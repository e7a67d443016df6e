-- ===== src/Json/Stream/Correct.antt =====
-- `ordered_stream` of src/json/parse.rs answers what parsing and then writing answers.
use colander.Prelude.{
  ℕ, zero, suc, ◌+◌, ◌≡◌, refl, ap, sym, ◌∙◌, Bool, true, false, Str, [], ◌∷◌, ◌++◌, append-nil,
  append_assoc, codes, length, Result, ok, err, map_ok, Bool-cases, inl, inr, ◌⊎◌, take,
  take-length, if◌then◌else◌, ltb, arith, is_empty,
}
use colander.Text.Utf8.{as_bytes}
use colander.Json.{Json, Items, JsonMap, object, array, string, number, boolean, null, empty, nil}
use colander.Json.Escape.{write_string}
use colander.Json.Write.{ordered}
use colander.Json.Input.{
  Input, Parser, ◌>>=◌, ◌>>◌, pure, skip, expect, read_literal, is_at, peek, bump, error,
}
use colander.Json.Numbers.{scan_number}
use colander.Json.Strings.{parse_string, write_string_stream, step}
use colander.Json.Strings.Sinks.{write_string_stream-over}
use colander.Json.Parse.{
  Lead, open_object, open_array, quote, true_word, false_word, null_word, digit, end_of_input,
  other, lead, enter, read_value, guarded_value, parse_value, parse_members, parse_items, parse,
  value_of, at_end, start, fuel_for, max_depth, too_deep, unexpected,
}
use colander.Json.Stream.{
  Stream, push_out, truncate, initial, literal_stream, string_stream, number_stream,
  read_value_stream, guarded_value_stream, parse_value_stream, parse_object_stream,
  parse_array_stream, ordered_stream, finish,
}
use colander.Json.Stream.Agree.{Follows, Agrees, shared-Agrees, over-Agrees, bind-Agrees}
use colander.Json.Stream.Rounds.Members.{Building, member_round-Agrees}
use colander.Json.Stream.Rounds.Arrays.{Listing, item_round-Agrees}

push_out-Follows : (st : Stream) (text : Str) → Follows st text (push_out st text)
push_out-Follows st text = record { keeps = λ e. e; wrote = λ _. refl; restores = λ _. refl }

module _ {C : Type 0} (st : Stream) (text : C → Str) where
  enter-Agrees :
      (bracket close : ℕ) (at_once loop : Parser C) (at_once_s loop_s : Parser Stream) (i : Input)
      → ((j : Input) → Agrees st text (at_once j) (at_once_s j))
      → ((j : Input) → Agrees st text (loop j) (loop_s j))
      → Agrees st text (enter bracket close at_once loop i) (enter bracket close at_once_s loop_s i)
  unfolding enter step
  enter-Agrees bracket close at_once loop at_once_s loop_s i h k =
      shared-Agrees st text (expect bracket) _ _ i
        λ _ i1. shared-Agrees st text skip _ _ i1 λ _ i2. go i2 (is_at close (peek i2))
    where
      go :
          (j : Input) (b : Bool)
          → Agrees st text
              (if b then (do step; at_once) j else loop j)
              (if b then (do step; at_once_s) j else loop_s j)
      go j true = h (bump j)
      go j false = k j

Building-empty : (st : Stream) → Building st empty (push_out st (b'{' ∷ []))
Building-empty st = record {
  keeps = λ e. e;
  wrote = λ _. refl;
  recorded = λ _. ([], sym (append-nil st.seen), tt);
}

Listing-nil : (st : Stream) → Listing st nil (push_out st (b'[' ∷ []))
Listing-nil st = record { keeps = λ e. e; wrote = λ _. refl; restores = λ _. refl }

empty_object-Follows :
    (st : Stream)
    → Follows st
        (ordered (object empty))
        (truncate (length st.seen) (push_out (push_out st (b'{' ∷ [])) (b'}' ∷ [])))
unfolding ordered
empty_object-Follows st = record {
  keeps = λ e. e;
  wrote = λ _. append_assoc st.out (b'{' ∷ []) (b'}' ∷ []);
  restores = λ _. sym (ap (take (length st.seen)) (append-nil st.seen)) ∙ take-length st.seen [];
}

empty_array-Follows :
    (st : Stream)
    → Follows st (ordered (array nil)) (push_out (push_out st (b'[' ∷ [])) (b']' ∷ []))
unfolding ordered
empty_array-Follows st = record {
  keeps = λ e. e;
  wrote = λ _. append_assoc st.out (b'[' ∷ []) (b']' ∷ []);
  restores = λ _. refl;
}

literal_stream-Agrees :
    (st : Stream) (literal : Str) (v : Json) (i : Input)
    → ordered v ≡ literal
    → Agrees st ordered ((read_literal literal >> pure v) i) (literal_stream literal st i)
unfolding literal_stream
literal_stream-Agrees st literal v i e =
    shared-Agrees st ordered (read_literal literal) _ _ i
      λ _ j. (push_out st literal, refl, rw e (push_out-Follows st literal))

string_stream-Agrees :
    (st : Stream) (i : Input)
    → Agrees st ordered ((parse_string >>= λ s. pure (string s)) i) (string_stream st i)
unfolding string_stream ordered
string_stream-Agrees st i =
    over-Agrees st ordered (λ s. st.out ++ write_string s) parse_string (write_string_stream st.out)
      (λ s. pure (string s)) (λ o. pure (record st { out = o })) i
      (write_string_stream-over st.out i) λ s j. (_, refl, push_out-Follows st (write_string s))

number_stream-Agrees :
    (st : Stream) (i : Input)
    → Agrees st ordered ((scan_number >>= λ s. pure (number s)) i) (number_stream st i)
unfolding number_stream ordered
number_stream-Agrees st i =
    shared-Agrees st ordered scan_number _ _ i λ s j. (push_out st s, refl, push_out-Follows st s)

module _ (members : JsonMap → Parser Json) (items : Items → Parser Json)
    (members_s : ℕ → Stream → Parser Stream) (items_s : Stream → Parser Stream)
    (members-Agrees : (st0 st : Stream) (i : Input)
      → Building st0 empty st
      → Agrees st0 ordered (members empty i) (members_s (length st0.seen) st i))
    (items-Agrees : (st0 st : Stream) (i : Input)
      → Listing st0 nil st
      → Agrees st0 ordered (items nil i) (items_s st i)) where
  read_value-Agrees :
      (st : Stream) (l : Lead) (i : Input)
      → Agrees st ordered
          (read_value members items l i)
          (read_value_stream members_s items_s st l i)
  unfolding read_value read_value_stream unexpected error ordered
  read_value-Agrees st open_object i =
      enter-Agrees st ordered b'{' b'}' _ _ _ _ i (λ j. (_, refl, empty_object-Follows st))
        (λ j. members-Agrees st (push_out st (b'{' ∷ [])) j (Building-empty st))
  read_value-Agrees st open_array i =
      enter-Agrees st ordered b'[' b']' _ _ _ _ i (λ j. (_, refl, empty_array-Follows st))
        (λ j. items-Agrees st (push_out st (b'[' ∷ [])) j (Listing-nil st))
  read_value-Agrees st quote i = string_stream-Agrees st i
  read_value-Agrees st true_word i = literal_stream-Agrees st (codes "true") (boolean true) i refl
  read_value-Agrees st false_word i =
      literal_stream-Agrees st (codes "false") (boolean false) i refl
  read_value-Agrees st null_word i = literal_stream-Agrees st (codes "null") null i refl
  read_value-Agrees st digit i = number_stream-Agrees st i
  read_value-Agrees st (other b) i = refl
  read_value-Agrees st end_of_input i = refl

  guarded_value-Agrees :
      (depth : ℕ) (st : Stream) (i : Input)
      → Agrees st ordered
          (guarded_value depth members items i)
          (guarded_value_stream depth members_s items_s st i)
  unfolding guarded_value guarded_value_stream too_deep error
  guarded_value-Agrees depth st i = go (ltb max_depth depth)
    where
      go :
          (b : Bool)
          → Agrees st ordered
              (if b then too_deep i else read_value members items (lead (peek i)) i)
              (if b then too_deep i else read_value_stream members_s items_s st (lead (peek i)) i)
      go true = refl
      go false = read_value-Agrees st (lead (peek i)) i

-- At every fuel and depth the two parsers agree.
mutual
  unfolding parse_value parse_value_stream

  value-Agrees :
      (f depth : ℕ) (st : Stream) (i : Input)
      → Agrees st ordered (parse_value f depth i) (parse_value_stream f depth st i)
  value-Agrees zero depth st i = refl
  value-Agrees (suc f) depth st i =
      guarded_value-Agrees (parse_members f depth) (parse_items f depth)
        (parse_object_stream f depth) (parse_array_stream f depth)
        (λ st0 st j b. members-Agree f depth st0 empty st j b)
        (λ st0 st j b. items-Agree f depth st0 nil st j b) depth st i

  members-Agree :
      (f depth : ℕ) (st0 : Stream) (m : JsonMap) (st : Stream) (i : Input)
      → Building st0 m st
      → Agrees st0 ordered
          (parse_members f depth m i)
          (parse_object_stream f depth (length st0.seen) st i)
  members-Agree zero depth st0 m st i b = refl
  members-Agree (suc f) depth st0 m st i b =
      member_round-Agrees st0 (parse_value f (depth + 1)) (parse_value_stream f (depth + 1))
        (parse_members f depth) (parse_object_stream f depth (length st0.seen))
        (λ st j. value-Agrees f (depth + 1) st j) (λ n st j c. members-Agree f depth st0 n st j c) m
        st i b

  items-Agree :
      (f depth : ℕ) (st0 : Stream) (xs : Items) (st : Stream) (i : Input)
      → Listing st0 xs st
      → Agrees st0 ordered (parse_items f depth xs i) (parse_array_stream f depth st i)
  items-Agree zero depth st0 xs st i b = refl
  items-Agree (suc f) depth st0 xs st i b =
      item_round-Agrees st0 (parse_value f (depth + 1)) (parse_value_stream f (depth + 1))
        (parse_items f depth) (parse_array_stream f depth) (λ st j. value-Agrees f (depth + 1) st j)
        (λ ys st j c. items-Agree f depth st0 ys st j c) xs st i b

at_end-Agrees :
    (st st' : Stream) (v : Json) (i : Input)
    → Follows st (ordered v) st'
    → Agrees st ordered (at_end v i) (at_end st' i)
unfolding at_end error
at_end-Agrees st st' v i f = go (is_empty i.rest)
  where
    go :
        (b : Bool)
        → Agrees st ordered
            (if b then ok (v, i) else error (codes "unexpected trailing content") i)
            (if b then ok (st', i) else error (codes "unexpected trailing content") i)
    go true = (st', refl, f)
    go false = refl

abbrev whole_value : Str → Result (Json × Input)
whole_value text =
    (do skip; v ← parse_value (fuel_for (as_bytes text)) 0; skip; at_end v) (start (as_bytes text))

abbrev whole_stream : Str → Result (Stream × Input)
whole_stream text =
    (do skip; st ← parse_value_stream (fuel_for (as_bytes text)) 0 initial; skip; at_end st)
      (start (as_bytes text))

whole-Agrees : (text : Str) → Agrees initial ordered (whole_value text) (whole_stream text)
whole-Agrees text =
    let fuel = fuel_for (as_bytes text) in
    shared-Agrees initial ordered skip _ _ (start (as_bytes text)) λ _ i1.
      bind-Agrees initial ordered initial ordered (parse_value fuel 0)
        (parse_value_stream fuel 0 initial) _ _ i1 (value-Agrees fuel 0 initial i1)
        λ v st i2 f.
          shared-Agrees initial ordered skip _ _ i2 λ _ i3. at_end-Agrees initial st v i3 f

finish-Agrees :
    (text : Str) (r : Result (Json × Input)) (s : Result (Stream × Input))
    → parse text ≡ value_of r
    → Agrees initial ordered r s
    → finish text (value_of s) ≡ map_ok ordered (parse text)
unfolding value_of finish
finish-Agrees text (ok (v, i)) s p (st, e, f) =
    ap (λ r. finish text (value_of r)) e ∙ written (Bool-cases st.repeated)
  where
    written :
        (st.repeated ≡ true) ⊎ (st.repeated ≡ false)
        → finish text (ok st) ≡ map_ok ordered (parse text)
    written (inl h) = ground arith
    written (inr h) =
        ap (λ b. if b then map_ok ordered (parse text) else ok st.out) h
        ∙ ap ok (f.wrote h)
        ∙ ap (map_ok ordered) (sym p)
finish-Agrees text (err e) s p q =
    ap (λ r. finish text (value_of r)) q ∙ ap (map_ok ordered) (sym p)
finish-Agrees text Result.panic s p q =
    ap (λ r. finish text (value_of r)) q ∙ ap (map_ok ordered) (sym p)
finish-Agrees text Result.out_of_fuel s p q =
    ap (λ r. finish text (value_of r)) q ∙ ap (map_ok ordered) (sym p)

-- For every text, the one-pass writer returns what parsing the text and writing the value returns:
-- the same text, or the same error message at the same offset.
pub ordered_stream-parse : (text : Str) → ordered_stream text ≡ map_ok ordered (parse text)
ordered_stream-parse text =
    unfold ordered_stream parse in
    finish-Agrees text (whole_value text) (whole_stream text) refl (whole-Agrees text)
_ _ _ _ _
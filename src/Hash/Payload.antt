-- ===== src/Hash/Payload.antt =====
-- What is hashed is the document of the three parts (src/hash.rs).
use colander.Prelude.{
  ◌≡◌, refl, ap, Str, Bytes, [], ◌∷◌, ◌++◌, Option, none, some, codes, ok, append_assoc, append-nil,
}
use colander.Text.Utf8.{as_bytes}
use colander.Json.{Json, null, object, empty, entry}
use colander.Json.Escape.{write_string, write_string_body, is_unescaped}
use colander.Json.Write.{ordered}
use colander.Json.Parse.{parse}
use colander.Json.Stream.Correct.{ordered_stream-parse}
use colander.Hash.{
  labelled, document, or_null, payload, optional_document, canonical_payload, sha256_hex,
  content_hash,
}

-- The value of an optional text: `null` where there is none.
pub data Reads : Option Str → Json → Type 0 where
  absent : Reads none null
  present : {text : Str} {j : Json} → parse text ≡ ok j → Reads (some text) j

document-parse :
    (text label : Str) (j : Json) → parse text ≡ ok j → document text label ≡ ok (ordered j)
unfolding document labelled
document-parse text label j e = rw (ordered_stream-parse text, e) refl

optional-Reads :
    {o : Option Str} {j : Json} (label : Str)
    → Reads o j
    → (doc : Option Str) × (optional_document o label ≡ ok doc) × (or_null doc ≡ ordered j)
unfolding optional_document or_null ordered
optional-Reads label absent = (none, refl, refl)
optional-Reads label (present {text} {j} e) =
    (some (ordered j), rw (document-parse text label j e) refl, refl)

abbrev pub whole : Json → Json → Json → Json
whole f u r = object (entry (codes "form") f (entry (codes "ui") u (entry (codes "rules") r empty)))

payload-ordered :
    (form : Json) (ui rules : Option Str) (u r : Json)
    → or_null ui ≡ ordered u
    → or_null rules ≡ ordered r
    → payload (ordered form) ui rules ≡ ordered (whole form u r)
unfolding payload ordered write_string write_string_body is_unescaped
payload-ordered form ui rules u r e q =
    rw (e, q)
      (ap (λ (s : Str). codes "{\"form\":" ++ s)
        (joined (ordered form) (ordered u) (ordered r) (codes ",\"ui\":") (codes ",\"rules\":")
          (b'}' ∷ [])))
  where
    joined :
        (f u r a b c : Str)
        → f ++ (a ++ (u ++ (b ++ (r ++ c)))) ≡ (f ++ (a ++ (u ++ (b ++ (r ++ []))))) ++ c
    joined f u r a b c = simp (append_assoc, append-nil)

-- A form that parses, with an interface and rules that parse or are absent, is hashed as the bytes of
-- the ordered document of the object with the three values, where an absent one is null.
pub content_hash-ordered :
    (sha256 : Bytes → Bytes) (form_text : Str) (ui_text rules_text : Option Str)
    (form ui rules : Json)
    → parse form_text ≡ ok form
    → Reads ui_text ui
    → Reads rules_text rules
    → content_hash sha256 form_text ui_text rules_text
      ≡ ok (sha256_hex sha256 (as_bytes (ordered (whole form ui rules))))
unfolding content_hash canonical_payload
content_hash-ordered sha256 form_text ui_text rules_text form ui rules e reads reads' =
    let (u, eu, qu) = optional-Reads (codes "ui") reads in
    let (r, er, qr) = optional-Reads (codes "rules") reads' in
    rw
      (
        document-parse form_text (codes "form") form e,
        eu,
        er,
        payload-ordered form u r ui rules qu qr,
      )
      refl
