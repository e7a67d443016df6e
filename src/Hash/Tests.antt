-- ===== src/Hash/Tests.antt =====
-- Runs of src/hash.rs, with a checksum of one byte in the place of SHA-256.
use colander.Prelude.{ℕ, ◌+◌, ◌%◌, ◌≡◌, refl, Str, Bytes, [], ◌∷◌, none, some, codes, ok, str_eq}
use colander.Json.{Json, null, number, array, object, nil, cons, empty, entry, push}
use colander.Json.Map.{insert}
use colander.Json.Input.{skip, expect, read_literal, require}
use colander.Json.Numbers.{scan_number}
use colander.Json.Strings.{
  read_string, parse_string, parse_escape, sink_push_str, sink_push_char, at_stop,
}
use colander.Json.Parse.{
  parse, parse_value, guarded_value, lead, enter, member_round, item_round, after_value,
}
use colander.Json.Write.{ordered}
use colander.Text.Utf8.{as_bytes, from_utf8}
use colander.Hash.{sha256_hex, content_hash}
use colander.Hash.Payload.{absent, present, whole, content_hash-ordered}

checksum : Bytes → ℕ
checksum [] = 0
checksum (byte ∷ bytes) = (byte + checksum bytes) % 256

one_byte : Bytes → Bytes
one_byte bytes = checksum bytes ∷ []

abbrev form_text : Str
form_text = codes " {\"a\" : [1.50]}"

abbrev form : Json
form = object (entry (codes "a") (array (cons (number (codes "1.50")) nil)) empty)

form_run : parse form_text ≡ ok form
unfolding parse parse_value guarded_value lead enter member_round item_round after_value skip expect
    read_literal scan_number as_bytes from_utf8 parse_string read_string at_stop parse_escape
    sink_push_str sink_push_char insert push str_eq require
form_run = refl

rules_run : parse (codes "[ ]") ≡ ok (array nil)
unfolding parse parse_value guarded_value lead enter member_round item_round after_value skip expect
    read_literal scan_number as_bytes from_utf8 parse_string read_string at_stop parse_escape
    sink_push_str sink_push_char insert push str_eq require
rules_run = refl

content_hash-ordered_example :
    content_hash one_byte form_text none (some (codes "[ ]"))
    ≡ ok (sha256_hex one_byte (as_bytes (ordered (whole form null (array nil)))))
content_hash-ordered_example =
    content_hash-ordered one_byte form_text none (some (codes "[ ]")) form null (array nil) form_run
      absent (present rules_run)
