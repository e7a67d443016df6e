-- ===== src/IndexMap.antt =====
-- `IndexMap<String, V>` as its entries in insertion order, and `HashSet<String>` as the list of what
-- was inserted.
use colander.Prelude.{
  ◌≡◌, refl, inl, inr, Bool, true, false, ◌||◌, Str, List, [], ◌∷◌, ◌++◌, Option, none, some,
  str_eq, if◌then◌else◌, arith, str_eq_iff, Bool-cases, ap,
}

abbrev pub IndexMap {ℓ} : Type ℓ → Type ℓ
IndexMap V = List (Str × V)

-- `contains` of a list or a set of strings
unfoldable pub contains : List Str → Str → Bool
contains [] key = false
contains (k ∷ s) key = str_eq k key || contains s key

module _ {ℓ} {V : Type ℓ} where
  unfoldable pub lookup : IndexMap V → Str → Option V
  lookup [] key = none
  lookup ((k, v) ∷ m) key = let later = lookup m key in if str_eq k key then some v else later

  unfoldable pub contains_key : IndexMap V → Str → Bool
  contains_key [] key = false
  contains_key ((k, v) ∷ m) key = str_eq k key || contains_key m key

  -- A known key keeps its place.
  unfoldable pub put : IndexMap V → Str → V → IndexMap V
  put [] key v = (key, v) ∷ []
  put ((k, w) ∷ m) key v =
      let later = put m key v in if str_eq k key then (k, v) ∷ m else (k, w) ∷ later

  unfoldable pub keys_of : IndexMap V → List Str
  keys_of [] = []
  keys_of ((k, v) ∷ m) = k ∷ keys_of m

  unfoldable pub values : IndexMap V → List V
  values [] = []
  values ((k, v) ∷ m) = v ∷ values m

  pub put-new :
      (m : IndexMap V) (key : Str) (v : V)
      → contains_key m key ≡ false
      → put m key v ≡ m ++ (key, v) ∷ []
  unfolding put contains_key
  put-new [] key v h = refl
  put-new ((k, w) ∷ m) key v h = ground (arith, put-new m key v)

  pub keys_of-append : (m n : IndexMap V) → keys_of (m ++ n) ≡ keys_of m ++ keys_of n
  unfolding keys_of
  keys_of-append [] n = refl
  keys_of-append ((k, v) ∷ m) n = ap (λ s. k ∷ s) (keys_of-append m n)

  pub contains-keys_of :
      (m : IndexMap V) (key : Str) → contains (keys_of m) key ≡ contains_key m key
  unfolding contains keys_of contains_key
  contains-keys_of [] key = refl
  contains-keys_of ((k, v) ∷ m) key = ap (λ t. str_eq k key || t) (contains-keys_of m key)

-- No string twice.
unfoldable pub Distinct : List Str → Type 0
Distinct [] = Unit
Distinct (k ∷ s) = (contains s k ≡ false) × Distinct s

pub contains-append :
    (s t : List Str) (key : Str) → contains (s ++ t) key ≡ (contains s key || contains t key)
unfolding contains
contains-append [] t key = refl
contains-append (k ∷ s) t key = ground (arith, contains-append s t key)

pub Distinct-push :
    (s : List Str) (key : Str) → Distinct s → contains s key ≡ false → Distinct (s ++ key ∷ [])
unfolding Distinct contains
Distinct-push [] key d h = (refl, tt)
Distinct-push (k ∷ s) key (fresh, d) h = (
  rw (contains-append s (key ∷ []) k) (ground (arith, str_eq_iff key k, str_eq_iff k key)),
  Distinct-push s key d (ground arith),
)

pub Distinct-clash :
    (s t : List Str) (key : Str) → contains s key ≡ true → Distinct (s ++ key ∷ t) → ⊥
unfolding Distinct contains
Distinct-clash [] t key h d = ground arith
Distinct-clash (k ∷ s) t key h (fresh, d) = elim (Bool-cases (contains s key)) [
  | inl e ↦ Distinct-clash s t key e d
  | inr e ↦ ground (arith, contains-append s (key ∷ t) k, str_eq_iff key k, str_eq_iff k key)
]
_ _ _ _ _
- **What is being asked**:
As the answer, set down only the lines from the data above between the one holding "(number_stream st i)" and the one holding "shared-Agrees st ordered scan_number", inclusive, exactly as they read.

- **Finished task**:
    → Agrees st ordered ((scan_number >>= λ s. pure (number s)) i) (number_stream st i)
unfolding number_stream ordered
number_stream-Agrees st i =
    shared-Agrees st ordered scan_number _ _ i λ s j. (push_out st s, refl, push_out-Follows st s)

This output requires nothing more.